Top of Material supplied

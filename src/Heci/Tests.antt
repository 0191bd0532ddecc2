-- ===== src/Heci/Tests.antt =====
-- Runs of the HECI layer over scripted registers, and its theorems at concrete inputs.

use amt_uefi_boot_app.Heci.Client.Asked.{Connects, connect_client_impl-Connects}
use amt_uefi_boot_app.Heci.Client.{
  exchange, amthi_uuid, connect_client_impl, hbm_version, find_client, hbm_connect, hbm_enumerate,
}
use amt_uefi_boot_app.Lme.Session.Recv.{bytes_test-IsBytes}
use amt_uefi_boot_app.Heci.Read.{
  read_msg, acknowledge, read_loop, read_payload, read_words, wait_data_loop, words_bytes,
}
use amt_uefi_boot_app.Heci.Write.{write_msg}
use amt_uefi_boot_app.Heci.Read.Reassembly.{Incoming, more, read_msg_lem, last}
use amt_uefi_boot_app.Outcome.{ok}
use amt_uefi_boot_app.Heci.Device.{HeciContext, reg_read, reg_write}
use amt_uefi_boot_app.Heci.Write.{
  dwords, write_loop, write_fragment, wait_slots, wait_slots_loop, write_ring, notify_me,
}
use amt_uefi_boot_app.Heci.Regs.{
  msg_hdr, filled_slots, hdr_me_addr, hdr_host_addr, hdr_length, hdr_complete, filled_slots_lem,
  csr_get_wp, msg_hdr_fields, csr_get_rp, csr_get_cbd,
}
use amt_uefi_boot_app.Prelude.{
  List, ℕ, true, ◌+◌, replicate, ◌∷◌, ◌++◌, ◌≡◌, ◌%◌, [], ◌^◌, false, ◌<◌, arith, blit, refl,
  length,
}

abbrev device : List ℕ → HeciContext
device inputs = record {
  mmio = 0xfe00_0000;
  me_addr = 7;
  host_addr = 1;
  max_msg_len = 0;
  cb_depth = 4;
  inputs = inputs;
  writes = [];
}

-- A ring of 4 slots, empty (wp = rp = 0): 3 words fit, two of them payload.
abbrev empty_ring : List ℕ
empty_ring = 0x0400_0000 ∷ 8 ∷ []

abbrev five_bytes : List ℕ
five_bytes = 1 ∷ 2 ∷ 3 ∷ 4 ∷ 5 ∷ []

abbrev nine_bytes : List ℕ
nine_bytes = five_bytes ++ (6 ∷ 7 ∷ 8 ∷ 9 ∷ [])

-- Nine bytes go out as eight and one, and the second header has the flag.
write_runs :
    (write_msg 7 1 nine_bytes true (device (empty_ring ++ (0 ∷ (empty_ring ++ (0 ∷ [])))))).0
    ≡ ok tt
unfolding write_msg write_loop write_fragment wait_slots wait_slots_loop reg_read reg_write
    write_ring notify_me dwords csr_get_cbd filled_slots csr_get_wp csr_get_rp
write_runs = refl

msg_hdr_fields_example :
    let raw = msg_hdr 7 2 300 true in
    (hdr_me_addr raw ≡ 7)
    × (hdr_host_addr raw ≡ 2)
    × (hdr_length raw ≡ 300 % 512)
    × (hdr_complete raw ≡ true)
    × (raw < 2 ^ 32)
msg_hdr_fields_example = msg_hdr_fields 7 2 300 true (omega arith) (omega arith)

filled_slots_lem_example : filled_slots ((250 + 10) % 256) 250 (2 ^ 5) ≡ 10
filled_slots_lem_example = filled_slots_lem 5 250 10 (omega arith) (omega arith) (omega arith)

-- Two fragments, the first after one poll of an empty ring.
abbrev two_fragments : List ℕ
two_fragments =
    0
    ∷ 0x0100
    ∷ msg_hdr 7 1 5 false
    ∷ 0x0403_0201
    ∷ 5
    ∷ 0
    ∷ 0x0100
    ∷ msg_hdr 7 1 1 true
    ∷ 6
    ∷ 0
    ∷ []

two_fragments-Incoming : Incoming 2 7 1 two_fragments (five_bytes ++ (6 ∷ [])) []
unfolding dwords msg_hdr hdr_me_addr hdr_host_addr hdr_length hdr_complete csr_get_wp csr_get_rp
two_fragments-Incoming =
    more 1 7 1 (0 ∷ []) five_bytes _ (6 ∷ []) [] 0x0100 (msg_hdr 7 1 5 false) 0
      ((omega arith, refl, tt), omega arith) (omega arith, λ e. omega (arith, e))
      (omega arith, refl, refl) (bytes_test-IsBytes five_bytes refl)
      (last [] (6 ∷ []) [] 0x0100 (msg_hdr 7 1 1 true) 0 (tt, omega arith)
        (omega arith, λ e. omega (arith, e)) (omega arith, refl, refl)
        (bytes_test-IsBytes (6 ∷ []) refl))

read_msg_lem_example :
    ((read_msg 2 (replicate 8 0) (device two_fragments)).0
      ≡ ok (record {
        count = 6;
        from_me = 7;
        to_host = 1;
        bytes = blit (replicate 8 0) 0 (five_bytes ++ (6 ∷ []));
      }))
    × ((read_msg 2 (replicate 8 0) (device two_fragments)).1.inputs ≡ [])
read_msg_lem_example =
    read_msg_lem 2 7 1 2 (replicate 8 0) (five_bytes ++ (6 ∷ [])) [] (device two_fragments)
      two_fragments-Incoming (omega arith) (omega arith)

-- What the registers yield in one exchange: the ring is empty, the request goes out, and the
-- answer comes as one fragment.
abbrev exchanged : List ℕ → List ℕ
exchanged answer =
    empty_ring ++ (0 ∷ 0x0100 ∷ msg_hdr 0 0 (length answer) true ∷ (dwords answer ++ (0 ∷ [])))

-- One client, with address 7 and a message length of 4096.
abbrev connection_answers : List ℕ
connection_answers =
    exchanged (0x81 ∷ 0 ∷ 2 ∷ 1 ∷ [])
    ++ (exchanged (0x84 ∷ 0 ∷ 0 ∷ 0 ∷ 128 ∷ replicate 31 0)
        ++ (exchanged ((0x85 ∷ 7 ∷ 0 ∷ 0 ∷ amthi_uuid) ++ (1 ∷ 1 ∷ 0 ∷ 0 ∷ 0 ∷ 16 ∷ 0 ∷ 0 ∷ []))
            ++ exchanged (0x86 ∷ 7 ∷ 1 ∷ 0 ∷ [])))

connect_runs : (connect_client_impl 2 amthi_uuid 1 (device connection_answers)).0 ≡ ok tt
unfolding connect_client_impl hbm_version exchange write_msg write_loop wait_slots wait_slots_loop
    reg_read csr_get_cbd filled_slots csr_get_wp csr_get_rp write_fragment reg_write write_ring
    dwords notify_me read_msg find_client hbm_connect hbm_enumerate acknowledge read_loop
    read_payload read_words wait_data_loop words_bytes hdr_complete hdr_host_addr hdr_length
    hdr_me_addr msg_hdr blit
connect_runs = refl

connect_client_impl-Connects_example :
    Connects 2 amthi_uuid 1
      (device connection_answers)
      (connect_client_impl 2 amthi_uuid 1 (device connection_answers))
connect_client_impl-Connects_example =
    connect_client_impl-Connects 2 amthi_uuid 1 (device connection_answers)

Bottom of Material supplied

Could you type out every entry again exactly as it stands?

filename src/Heci/Tests.antt
repository 0191bd0532ddecc2
-- ===== src/Heci/Tests.antt =====
-- Runs of the HECI layer over scripted registers, and its theorems at concrete inputs.

use amt_uefi_boot_app.Heci.Client.Asked.{Connects, connect_client_impl-Connects}
use amt_uefi_boot_app.Heci.Client.{
  exchange, amthi_uuid, connect_client_impl, hbm_version, find_client, hbm_connect, hbm_enumerate,
}
use amt_uefi_boot_app.Lme.Session.Recv.{bytes_test-IsBytes}
use amt_uefi_boot_app.Heci.Read.{
  read_msg, acknowledge, read_loop, read_payload, read_words, wait_data_loop, words_bytes,
}
use amt_uefi_boot_app.Heci.Write.{write_msg}
use amt_uefi_boot_app.Heci.Read.Reassembly.{Incoming, more, read_msg_lem, last}
use amt_uefi_boot_app.Outcome.{ok}
use amt_uefi_boot_app.Heci.Device.{HeciContext, reg_read, reg_write}
use amt_uefi_boot_app.Heci.Write.{
  dwords, write_loop, write_fragment, wait_slots, wait_slots_loop, write_ring, notify_me,
}
use amt_uefi_boot_app.Heci.Regs.{
  msg_hdr, filled_slots, hdr_me_addr, hdr_host_addr, hdr_length, hdr_complete, filled_slots_lem,
  csr_get_wp, msg_hdr_fields, csr_get_rp, csr_get_cbd,
}
use amt_uefi_boot_app.Prelude.{
  List, ℕ, true, ◌+◌, replicate, ◌∷◌, ◌++◌, ◌≡◌, ◌%◌, [], ◌^◌, false, ◌<◌, arith, blit, refl,
  length,
}

abbrev device : List ℕ → HeciContext
device inputs = record {
  mmio = 0xfe00_0000;
  me_addr = 7;
  host_addr = 1;
  max_msg_len = 0;
  cb_depth = 4;
  inputs = inputs;
  writes = [];
}

-- A ring of 4 slots, empty (wp = rp = 0): 3 words fit, two of them payload.
abbrev empty_ring : List ℕ
empty_ring = 0x0400_0000 ∷ 8 ∷ []

abbrev five_bytes : List ℕ
five_bytes = 1 ∷ 2 ∷ 3 ∷ 4 ∷ 5 ∷ []

abbrev nine_bytes : List ℕ
nine_bytes = five_bytes ++ (6 ∷ 7 ∷ 8 ∷ 9 ∷ [])

-- Nine bytes go out as eight and one, and the second header has the flag.
write_runs :
    (write_msg 7 1 nine_bytes true (device (empty_ring ++ (0 ∷ (empty_ring ++ (0 ∷ [])))))).0
    ≡ ok tt
unfolding write_msg write_loop write_fragment wait_slots wait_slots_loop reg_read reg_write
    write_ring notify_me dwords csr_get_cbd filled_slots csr_get_wp csr_get_rp
write_runs = refl

msg_hdr_fields_example :
    let raw = msg_hdr 7 2 300 true in
    (hdr_me_addr raw ≡ 7)
    × (hdr_host_addr raw ≡ 2)
    × (hdr_length raw ≡ 300 % 512)
    × (hdr_complete raw ≡ true)
    × (raw < 2 ^ 32)
msg_hdr_fields_example = msg_hdr_fields 7 2 300 true (omega arith) (omega arith)

filled_slots_lem_example : filled_slots ((250 + 10) % 256) 250 (2 ^ 5) ≡ 10
filled_slots_lem_example = filled_slots_lem 5 250 10 (omega arith) (omega arith) (omega arith)

-- Two fragments, the first after one poll of an empty ring.
abbrev two_fragments : List ℕ
two_fragments =
    0
    ∷ 0x0100
    ∷ msg_hdr 7 1 5 false
    ∷ 0x0403_0201
    ∷ 5
    ∷ 0
    ∷ 0x0100
    ∷ msg_hdr 7 1 1 true
    ∷ 6
    ∷ 0
    ∷ []

two_fragments-Incoming : Incoming 2 7 1 two_fragments (five_bytes ++ (6 ∷ [])) []
unfolding dwords msg_hdr hdr_me_addr hdr_host_addr hdr_length hdr_complete csr_get_wp csr_get_rp
two_fragments-Incoming =
    more 1 7 1 (0 ∷ []) five_bytes _ (6 ∷ []) [] 0x0100 (msg_hdr 7 1 5 false) 0
      ((omega arith, refl, tt), omega arith) (omega arith, λ e. omega (arith, e))
      (omega arith, refl, refl) (bytes_test-IsBytes five_bytes refl)
      (last [] (6 ∷ []) [] 0x0100 (msg_hdr 7 1 1 true) 0 (tt, omega arith)
        (omega arith, λ e. omega (arith, e)) (omega arith, refl, refl)
        (bytes_test-IsBytes (6 ∷ []) refl))

read_msg_lem_example :
    ((read_msg 2 (replicate 8 0) (device two_fragments)).0
      ≡ ok (record {
        count = 6;
        from_me = 7;
        to_host = 1;
        bytes = blit (replicate 8 0) 0 (five_bytes ++ (6 ∷ []));
      }))
    × ((read_msg 2 (replicate 8 0) (device two_fragments)).1.inputs ≡ [])
read_msg_lem_example =
    read_msg_lem 2 7 1 2 (replicate 8 0) (five_bytes ++ (6 ∷ [])) [] (device two_fragments)
      two_fragments-Incoming (omega arith) (omega arith)

-- What the registers yield in one exchange: the ring is empty, the request goes out, and the
-- answer comes as one fragment.
abbrev exchanged : List ℕ → List ℕ
exchanged answer =
    empty_ring ++ (0 ∷ 0x0100 ∷ msg_hdr 0 0 (length answer) true ∷ (dwords answer ++ (0 ∷ [])))

-- One client, with address 7 and a message length of 4096.
abbrev connection_answers : List ℕ
connection_answers =
    exchanged (0x81 ∷ 0 ∷ 2 ∷ 1 ∷ [])
    ++ (exchanged (0x84 ∷ 0 ∷ 0 ∷ 0 ∷ 128 ∷ replicate 31 0)
        ++ (exchanged ((0x85 ∷ 7 ∷ 0 ∷ 0 ∷ amthi_uuid) ++ (1 ∷ 1 ∷ 0 ∷ 0 ∷ 0 ∷ 16 ∷ 0 ∷ 0 ∷ []))
            ++ exchanged (0x86 ∷ 7 ∷ 1 ∷ 0 ∷ [])))

connect_runs : (connect_client_impl 2 amthi_uuid 1 (device connection_answers)).0 ≡ ok tt
unfolding connect_client_impl hbm_version exchange write_msg write_loop wait_slots wait_slots_loop
    reg_read csr_get_cbd filled_slots csr_get_wp csr_get_rp write_fragment reg_write write_ring
    dwords notify_me read_msg find_client hbm_connect hbm_enumerate acknowledge read_loop
    read_payload read_words wait_data_loop words_bytes hdr_complete hdr_host_addr hdr_length
    hdr_me_addr msg_hdr blit
connect_runs = refl

connect_client_impl-Connects_example :
    Connects 2 amthi_uuid 1
      (device connection_answers)
      (connect_client_impl 2 amthi_uuid 1 (device connection_answers))
connect_client_impl-Connects_example =
    connect_client_impl-Connects 2 amthi_uuid 1 (device connection_answers)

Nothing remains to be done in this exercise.